Some men just aren't that sexual, contrary to popular belief that they are *all* slobbering dogs after sex.

I'm betting the "sex almost daily" with the ex is a misrepresentation, and I would also doubt the ex-wife rejecting him story.

I'm sorry you find yourself in this position. I would bail.


----------



## OwlGirl (Mar 3, 2014)

I'm so sorry to hear you are having to deal with this. I have been living in a sexless marriage myself for more than 10 years with my husband (7x / year or so). 

My two cents is to nip it in the bud now - because this issue will not go away, and you will become resentful and bitter as the years pass. Sex is a beautiful, normal thing that couples need - not only for physical satiety, but for emotional connectedness as well. 

My situation has finally come to a head (along with a plethora of other issues with my dear husband), and I am contemplating leaving at this point. We are seeking counseling for this issue among many others as a last ditch effort to save the marriage. 

Best of luck getting him to open his eyes to your important desire for intimacy. Life is too short. Sex is absolutely essential to a real marriage.


----------



## PBear (Nov 16, 2010)

Why won't he go to counsing? Have you told him how frustrated you are? 

C
_Posted via Mobile Device_


----------



## BostonBruins32 (Nov 2, 2013)

Ugh. Why do we marry such mismatches. I don't hear a lot about couples where one wants weekly vs partner wanting two times a week. It seems like it's always extremes. I hear ya OP.
_Posted via Mobile Device_


----------



## Accipiter777 (Jul 22, 2011)

Kygirl1969 said:


> This is my first time posting here. I'm thankful to find a place where others are having similar issues to mine. My husband and I got married 1 1/2 years ago, second marriage for both of us. My sex drive has always been extremely high, and he led me to believe his was the same when we were getting to know each other. Now he feels like my roommate. Don't get me wrong, he's a wonderful husband in every other way, very attentive and affectionate to a point. Hard worker, great sense of humor, but sex is essentially gone. We've gone up to 3 months without it and that doesn't seem to phase him. Just no desire. He says he does desire me, but constantly rejects me when it comes to sex. "too tired", "i prefer mornings", then morning comes and nothing. *Part of the reason his first marriage dissolved was she refused him constantly*. Then he talks about how he wishes I'd known him when he was with his ex-girlfriend, they had sex almost daily. He seems to have nothing left for me. He won't go to counseling. Had his testosterone checked, it was normal. If I could eliminate sex from my mind I'd be perfectly happy. Haven't figured out how to make that happen yet. At my wits end.

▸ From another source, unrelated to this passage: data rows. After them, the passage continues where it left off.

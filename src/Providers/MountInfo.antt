-- ===== src/Providers/MountInfo.antt =====
-- cmd-drivers/providers/mountinfo_provider.go. The package github.com/moby/sys/mountinfo is `Moby`: its
-- reader with an optional filter, and its filters by prefix and by filesystem type.
pub mod Laws
use kubernetes_external_prov.Base.{
  Bool, List, Option, Result, String, [], err, false, if◌then◌else◌, ltb, none, ok, some, true,
  wrap, ℕ, ◌||◌, ◌∷◌,
}
use kubernetes_external_prov.Models.{MountEntry}
use kubernetes_external_prov.Providers.{MountInfoProvider, StatfsProvider}

-- What a `mountinfo.FilterFunc` returns.
pub record Answer : Type 0 where
  pub skip : Bool
  pub stop : Bool

abbrev pub MountFilter : Type 0
MountFilter = MountEntry → Answer

pub record Moby (W : Type 0) : Type 0 where
  pub get_mounts : Option MountFilter → W → Result (List MountEntry)
  pub prefix_filter : String → MountFilter
  pub fs_type_filter : List String → MountFilter

-- `and`
unfoldable pub and_filter : List MountFilter → MountFilter
and_filter [] info = record { skip = false; stop = false }
and_filter (f ∷ fs) info =
    let rest = and_filter fs info in if (f info).skip || (f info).stop then f info else rest

-- `createSizeFilter`; the statfs of the state in which the mounts are read.
unfoldable pub size_filter : {W : Type 0} → StatfsProvider W → ℕ → W → MountFilter
size_filter statfs min_size w info = elim (statfs.statfs info.mountpoint w) [
  | err e ↦ record { skip = true; stop = false }
  | ok result ↦ record { skip = ltb result.total_size min_size; stop = false }
]

module _ {W : Type 0} (moby : Moby W) where
  -- The filter of `realMountInfoProvider.GetMounts`.
  abbrev pub wanted : String → List String → ℕ → StatfsProvider W → W → MountFilter
  wanted dir_prefix fs_types min_size statfs w = and_filter (
      moby.prefix_filter dir_prefix
      ∷ moby.fs_type_filter fs_types
      ∷ size_filter statfs min_size w
      ∷ [])

  -- `realMountInfoProvider.GetMounts`
  unfoldable pub get_mounts :
      String → List String → ℕ → StatfsProvider W → W → Result (List MountEntry)
  unfolding and_filter size_filter
  get_mounts dir_prefix fs_types min_size statfs w =
      wrap "reading mounts: %w" []
        (moby.get_mounts (some (wanted dir_prefix fs_types min_size statfs w)) w)

  -- `unfilteredMountInfoProvider.GetMounts`
  unfoldable pub get_all_mounts : W → Result (List MountEntry)
  get_all_mounts w = wrap "reading mounts: %w" [] (moby.get_mounts none w)

  abbrev pub mount_info_provider : String → List String → ℕ → StatfsProvider W → MountInfoProvider W
  mount_info_provider dir_prefix fs_types min_size statfs = record {
    get_mounts = get_mounts dir_prefix fs_types min_size statfs;
  }

  abbrev pub unfiltered_mount_info_provider : MountInfoProvider W
  unfiltered_mount_info_provider = record { get_mounts = get_all_mounts }
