-- ===== src/Webhook/CaBundle.antt =====
-- `PatchWebhookCABundle` of webhook/internal/webhook/certs.go.
pub mod Laws
pub mod Installed
use kubernetes_external_prov.Base.{
  List, Option, Result, String, [], errorf, if◌then◌else◌, none, some, ◌==◌, ◌∷◌,
}
use kubernetes_external_prov.Exec.{Exec, gets, raise, wrapped, ◌>>=◌, ◌>>◌}
use kubernetes_external_prov.Fsutils.FsType.Parsing.{entries}
use kubernetes_external_prov.Providers.MountInfo.{wanted}

-- An entry of the webhook configuration: its name, its bundle, its failure policy.
pub record WebhookEntry : Type 0 where
  pub name : String
  pub ca_bundle : String
  pub failure_policy : Option String

abbrev pub behind : WebhookEntry → Option (List WebhookEntry) → Option (List WebhookEntry)
behind e none = none
behind e (some es) = some (e ∷ es)

abbrev pub patched_entry : String → WebhookEntry → WebhookEntry
patched_entry ca_bundle e = record e { ca_bundle = ca_bundle; failure_policy = some "Fail" }

-- The loop of `PatchWebhookCABundle`: the first entry of that name is changed; none if there is none.
unfoldable pub set_ca_bundle : String → String → List WebhookEntry → Option (List WebhookEntry)
set_ca_bundle wanted ca_bundle [] = none
set_ca_bundle wanted ca_bundle (e ∷ es) =
    let rest = set_ca_bundle wanted ca_bundle es in
    if e.name == wanted then some (patched_entry ca_bundle e ∷ es) else behind e rest

-- The client's calls on the webhook configurations, and `retry.RetryOnConflict`.
pub record ConfigApi (W : Type 0) : Type 0 where
  pub get : String → W → Result (List WebhookEntry)
  pub update : String → List WebhookEntry → Exec W (Unit {0})
  pub retry_on_conflict : Exec W (Unit {0}) → Exec W (Unit {0})

module _ {W : Type 0} (api : ConfigApi W) (config_name wanted ca_bundle : String) where
  abbrev pub after_search : Option (List WebhookEntry) → Exec W (Unit {0})
  after_search none = raise (
      errorf "webhook entry %q not found in MutatingWebhookConfiguration %s"
        (wanted ∷ config_name ∷ []))
  after_search (some entries) = api.update config_name entries

  -- One try.
  unfoldable pub patch_once : Exec W (Unit {0})
  unfolding set_ca_bundle
  patch_once = do
    entries ←
        wrapped "get MutatingWebhookConfiguration %s: %w" (config_name ∷ [])
          (gets (api.get config_name))
    after_search (set_ca_bundle wanted ca_bundle entries)

  -- `PatchWebhookCABundle`
  unfoldable pub patch_webhook_ca_bundle : Exec W (Unit {0})
  unfolding patch_once
  patch_webhook_ca_bundle = api.retry_on_conflict patch_once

This can really put a world of hurtin on a person... Wondering if this has affected him and he may not know it. He does not want this to happen again... if he minimizes or removes sex, it cant happen again. IMHO.


----------



## Theseus (Feb 22, 2013)

Yours is a common problem, but if he won't go to counseling, then he is not even willing to try and fix it, and that is not a good sign. I strongly suggest you give him an ultimatum: you both go to counseling or you will leave. 

Do you have children together? You have only been married 18 months so if you get out, the time to do it is now.


----------



## roostr (Oct 20, 2012)

You've been married only 18 months and you've gone up to 3 months without it? I'm sorry but sex is a huge part of life in my opinion and without it all bets are off. I don't understand what people are thinking when they decide to remove that from a marriage. To me its asking for trouble. You should bail out because if its bad now wait until later.


----------



## jorgegene (May 26, 2012)

Maybe try writing him a long letter expressing your feelings.

Make it positive. Tell him how much you love him, and that you need more frequency and yearn for intimacy with him.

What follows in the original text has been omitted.